(Items from a dataset)
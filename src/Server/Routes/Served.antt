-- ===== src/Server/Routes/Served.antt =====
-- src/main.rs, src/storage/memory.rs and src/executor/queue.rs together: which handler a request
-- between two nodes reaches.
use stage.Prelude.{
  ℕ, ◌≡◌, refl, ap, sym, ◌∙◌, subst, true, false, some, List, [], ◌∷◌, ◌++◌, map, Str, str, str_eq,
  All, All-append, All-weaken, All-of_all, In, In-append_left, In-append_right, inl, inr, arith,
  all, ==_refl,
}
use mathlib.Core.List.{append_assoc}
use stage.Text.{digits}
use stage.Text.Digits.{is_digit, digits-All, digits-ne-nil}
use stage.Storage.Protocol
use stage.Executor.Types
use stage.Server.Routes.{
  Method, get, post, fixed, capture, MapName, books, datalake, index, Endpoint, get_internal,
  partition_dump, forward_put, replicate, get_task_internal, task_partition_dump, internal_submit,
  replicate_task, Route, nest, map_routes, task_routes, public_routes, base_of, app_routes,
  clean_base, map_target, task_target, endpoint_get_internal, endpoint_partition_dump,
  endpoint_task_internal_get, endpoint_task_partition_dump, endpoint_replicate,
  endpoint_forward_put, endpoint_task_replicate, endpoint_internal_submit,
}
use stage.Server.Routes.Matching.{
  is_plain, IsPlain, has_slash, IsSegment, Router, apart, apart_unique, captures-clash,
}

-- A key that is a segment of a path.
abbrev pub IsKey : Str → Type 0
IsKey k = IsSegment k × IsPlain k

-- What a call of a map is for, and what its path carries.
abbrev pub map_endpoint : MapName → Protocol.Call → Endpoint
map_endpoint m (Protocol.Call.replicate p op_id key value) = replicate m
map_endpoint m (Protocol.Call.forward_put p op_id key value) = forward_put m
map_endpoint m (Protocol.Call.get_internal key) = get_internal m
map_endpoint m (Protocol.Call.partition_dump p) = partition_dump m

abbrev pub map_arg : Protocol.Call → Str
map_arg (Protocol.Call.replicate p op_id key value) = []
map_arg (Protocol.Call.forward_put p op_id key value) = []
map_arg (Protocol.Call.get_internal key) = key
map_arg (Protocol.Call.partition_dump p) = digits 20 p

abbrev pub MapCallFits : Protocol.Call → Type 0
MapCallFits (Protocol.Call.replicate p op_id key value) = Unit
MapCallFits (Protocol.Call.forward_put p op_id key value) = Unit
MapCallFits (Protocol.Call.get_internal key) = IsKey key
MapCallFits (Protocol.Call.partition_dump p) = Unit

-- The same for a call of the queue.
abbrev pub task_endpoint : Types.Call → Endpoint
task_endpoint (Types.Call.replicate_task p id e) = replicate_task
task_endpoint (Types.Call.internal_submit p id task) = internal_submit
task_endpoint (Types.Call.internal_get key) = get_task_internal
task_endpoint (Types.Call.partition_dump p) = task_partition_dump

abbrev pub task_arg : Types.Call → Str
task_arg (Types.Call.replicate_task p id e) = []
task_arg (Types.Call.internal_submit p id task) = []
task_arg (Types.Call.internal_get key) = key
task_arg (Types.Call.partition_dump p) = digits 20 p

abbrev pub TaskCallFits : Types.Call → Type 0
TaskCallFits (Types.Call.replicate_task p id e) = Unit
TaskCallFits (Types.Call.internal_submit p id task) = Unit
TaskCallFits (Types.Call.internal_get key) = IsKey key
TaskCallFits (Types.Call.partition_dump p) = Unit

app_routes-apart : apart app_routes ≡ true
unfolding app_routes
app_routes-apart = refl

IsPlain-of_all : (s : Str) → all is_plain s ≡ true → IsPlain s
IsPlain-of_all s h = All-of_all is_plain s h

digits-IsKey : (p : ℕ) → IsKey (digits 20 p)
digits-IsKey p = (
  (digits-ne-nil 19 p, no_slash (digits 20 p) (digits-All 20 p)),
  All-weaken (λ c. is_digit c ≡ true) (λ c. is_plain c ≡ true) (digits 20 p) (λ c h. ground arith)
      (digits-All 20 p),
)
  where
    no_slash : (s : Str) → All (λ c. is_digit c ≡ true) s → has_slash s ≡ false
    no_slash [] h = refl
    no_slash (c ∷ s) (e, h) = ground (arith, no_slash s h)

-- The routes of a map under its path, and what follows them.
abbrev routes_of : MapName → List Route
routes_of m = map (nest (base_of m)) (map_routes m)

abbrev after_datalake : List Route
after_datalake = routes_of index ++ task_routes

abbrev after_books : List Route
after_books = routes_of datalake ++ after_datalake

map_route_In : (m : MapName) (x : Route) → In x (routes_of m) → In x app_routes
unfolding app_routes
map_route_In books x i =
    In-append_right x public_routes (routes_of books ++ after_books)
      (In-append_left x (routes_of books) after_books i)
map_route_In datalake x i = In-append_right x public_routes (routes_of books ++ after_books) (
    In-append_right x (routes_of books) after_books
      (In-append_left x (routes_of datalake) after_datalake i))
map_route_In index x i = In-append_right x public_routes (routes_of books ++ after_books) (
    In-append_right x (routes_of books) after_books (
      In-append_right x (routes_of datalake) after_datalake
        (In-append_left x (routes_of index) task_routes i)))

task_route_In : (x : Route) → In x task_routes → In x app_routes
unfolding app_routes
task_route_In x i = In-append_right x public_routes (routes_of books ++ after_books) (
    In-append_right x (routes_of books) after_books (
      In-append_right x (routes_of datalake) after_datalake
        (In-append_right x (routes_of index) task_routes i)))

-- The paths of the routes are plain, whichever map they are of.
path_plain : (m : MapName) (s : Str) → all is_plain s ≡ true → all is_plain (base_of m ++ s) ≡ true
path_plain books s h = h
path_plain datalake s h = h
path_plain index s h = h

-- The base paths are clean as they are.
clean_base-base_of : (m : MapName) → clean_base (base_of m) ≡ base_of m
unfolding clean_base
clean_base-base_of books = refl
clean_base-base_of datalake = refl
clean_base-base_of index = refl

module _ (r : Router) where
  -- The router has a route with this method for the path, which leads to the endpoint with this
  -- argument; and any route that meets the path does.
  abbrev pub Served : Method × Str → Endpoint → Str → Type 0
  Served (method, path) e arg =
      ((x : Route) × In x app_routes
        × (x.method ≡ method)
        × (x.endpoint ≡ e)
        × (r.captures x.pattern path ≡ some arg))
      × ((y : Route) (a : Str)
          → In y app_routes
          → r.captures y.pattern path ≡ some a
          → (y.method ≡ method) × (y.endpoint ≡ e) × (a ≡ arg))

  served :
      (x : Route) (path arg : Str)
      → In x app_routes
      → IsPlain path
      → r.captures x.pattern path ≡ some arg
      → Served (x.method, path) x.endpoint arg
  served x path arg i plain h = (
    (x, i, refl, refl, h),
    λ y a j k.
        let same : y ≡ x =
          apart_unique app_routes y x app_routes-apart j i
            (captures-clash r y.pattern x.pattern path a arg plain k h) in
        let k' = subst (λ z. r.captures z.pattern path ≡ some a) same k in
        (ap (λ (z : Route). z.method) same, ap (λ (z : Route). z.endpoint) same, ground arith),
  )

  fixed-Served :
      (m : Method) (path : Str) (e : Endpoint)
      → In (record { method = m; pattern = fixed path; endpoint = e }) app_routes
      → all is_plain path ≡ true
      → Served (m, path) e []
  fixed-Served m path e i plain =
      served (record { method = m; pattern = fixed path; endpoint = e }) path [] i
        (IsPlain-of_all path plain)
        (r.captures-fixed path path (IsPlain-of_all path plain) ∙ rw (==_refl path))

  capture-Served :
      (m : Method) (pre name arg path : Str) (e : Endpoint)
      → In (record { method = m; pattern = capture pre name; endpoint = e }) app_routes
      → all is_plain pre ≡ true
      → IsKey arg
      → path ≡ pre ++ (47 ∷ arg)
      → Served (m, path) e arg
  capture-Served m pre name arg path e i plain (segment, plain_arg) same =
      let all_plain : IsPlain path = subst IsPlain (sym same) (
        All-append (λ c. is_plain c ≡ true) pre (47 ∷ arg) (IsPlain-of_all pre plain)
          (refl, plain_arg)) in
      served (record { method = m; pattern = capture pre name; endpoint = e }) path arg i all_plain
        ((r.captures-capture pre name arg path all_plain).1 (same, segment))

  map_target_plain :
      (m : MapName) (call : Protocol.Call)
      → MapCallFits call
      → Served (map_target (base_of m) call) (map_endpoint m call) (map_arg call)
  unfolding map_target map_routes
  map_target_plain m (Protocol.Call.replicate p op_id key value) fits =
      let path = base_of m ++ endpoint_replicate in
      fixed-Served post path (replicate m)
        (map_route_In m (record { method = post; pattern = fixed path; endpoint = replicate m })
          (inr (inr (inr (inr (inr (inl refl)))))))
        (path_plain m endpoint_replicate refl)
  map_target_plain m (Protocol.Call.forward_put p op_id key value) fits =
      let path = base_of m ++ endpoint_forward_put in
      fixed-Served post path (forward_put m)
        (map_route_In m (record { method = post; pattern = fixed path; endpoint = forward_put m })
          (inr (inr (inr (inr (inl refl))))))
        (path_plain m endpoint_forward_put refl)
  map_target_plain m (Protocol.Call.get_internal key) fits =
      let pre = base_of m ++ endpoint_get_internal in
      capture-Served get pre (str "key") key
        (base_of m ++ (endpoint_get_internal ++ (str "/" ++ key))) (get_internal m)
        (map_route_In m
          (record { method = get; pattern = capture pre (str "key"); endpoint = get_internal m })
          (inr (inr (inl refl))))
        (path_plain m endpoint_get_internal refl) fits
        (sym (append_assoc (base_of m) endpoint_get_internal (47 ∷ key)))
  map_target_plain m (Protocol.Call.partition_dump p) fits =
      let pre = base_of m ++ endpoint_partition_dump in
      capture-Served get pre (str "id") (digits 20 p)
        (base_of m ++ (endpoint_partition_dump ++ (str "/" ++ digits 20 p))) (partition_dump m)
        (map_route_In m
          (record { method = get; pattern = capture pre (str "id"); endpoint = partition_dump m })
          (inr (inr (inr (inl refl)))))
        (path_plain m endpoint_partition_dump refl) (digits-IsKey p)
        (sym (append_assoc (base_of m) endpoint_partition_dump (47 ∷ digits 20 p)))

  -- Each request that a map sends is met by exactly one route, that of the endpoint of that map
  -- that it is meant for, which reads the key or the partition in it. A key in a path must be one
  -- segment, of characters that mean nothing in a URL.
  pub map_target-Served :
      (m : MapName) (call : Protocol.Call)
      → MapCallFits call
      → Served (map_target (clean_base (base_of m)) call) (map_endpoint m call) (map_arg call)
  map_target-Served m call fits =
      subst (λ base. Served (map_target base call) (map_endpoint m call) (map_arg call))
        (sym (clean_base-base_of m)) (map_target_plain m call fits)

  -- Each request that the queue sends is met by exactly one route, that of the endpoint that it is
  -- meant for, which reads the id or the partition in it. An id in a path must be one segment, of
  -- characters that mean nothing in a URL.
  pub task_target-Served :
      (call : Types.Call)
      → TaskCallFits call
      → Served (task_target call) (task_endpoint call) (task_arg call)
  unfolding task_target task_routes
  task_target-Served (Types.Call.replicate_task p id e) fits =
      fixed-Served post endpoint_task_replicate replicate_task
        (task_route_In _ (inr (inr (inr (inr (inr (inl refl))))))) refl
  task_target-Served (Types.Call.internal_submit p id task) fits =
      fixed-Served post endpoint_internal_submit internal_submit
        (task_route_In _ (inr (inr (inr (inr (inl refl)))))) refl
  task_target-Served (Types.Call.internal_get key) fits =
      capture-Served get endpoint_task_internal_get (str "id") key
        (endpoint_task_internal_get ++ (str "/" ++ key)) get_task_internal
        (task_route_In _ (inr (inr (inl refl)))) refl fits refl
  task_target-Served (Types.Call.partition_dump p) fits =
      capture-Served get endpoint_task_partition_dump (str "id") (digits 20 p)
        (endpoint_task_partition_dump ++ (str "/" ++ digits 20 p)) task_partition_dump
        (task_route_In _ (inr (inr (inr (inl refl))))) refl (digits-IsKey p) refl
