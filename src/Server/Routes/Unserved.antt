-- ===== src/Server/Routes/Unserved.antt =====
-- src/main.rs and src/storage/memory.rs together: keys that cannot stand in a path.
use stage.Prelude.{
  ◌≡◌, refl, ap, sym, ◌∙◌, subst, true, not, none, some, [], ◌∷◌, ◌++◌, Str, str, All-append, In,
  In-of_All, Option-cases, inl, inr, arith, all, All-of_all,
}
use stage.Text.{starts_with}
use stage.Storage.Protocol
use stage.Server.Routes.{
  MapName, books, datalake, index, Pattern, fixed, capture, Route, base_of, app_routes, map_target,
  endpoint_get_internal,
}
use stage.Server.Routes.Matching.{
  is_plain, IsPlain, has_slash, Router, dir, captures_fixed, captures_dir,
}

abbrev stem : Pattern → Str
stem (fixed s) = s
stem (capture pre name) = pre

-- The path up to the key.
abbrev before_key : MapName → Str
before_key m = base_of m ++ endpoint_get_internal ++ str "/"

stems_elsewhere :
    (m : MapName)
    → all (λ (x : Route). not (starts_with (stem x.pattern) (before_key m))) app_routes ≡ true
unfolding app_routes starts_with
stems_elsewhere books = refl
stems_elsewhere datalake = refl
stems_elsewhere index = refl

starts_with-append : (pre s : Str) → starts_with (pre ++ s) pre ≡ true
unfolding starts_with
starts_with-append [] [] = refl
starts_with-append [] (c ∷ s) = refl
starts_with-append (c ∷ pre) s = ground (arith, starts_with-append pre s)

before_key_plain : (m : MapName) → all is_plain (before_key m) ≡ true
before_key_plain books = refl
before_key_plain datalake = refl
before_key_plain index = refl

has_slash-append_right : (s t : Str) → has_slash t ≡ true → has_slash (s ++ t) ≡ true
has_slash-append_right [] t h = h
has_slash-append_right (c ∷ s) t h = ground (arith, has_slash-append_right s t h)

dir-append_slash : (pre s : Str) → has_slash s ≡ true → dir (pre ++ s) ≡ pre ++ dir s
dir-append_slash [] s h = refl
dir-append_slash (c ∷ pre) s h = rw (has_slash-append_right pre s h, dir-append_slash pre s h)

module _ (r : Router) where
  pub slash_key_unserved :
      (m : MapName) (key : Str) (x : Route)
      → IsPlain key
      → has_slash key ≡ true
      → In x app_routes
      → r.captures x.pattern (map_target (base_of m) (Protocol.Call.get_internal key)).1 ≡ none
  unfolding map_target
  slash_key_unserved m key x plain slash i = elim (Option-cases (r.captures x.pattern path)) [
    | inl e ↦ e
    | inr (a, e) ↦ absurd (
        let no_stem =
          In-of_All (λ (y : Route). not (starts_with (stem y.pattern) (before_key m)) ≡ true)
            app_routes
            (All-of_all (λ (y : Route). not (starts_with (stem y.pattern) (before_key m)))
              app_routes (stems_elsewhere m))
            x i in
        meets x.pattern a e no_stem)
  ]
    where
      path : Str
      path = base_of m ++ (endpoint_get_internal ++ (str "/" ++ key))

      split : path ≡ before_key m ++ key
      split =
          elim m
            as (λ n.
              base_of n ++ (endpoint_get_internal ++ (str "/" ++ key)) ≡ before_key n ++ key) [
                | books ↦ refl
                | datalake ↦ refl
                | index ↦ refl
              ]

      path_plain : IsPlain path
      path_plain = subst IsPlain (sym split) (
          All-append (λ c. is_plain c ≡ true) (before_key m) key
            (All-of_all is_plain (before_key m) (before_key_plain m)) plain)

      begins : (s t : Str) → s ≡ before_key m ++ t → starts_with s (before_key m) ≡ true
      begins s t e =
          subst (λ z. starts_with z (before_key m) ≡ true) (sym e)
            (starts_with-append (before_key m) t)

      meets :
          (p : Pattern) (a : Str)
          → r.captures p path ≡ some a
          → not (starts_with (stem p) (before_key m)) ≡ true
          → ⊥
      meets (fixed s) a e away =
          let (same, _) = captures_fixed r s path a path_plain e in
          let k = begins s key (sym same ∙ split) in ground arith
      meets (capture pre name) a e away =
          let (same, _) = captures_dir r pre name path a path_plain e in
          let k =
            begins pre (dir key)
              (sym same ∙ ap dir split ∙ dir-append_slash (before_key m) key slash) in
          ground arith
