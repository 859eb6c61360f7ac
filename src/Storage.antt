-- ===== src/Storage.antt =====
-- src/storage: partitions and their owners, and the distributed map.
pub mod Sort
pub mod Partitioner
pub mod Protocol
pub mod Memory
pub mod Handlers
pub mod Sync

> About this exercise: Retype exactly, and only, the lines above from the one where "IsPlain-of_all : (s" occurs up to and including the one where "(digits-ne-nil 19 p, no_slash" occurs.

> Result:
IsPlain-of_all : (s : Str) → all is_plain s ≡ true → IsPlain s
IsPlain-of_all s h = All-of_all is_plain s h

digits-IsKey : (p : ℕ) → IsKey (digits 20 p)
digits-IsKey p = (
  (digits-ne-nil 19 p, no_slash (digits 20 p) (digits-All 20 p)),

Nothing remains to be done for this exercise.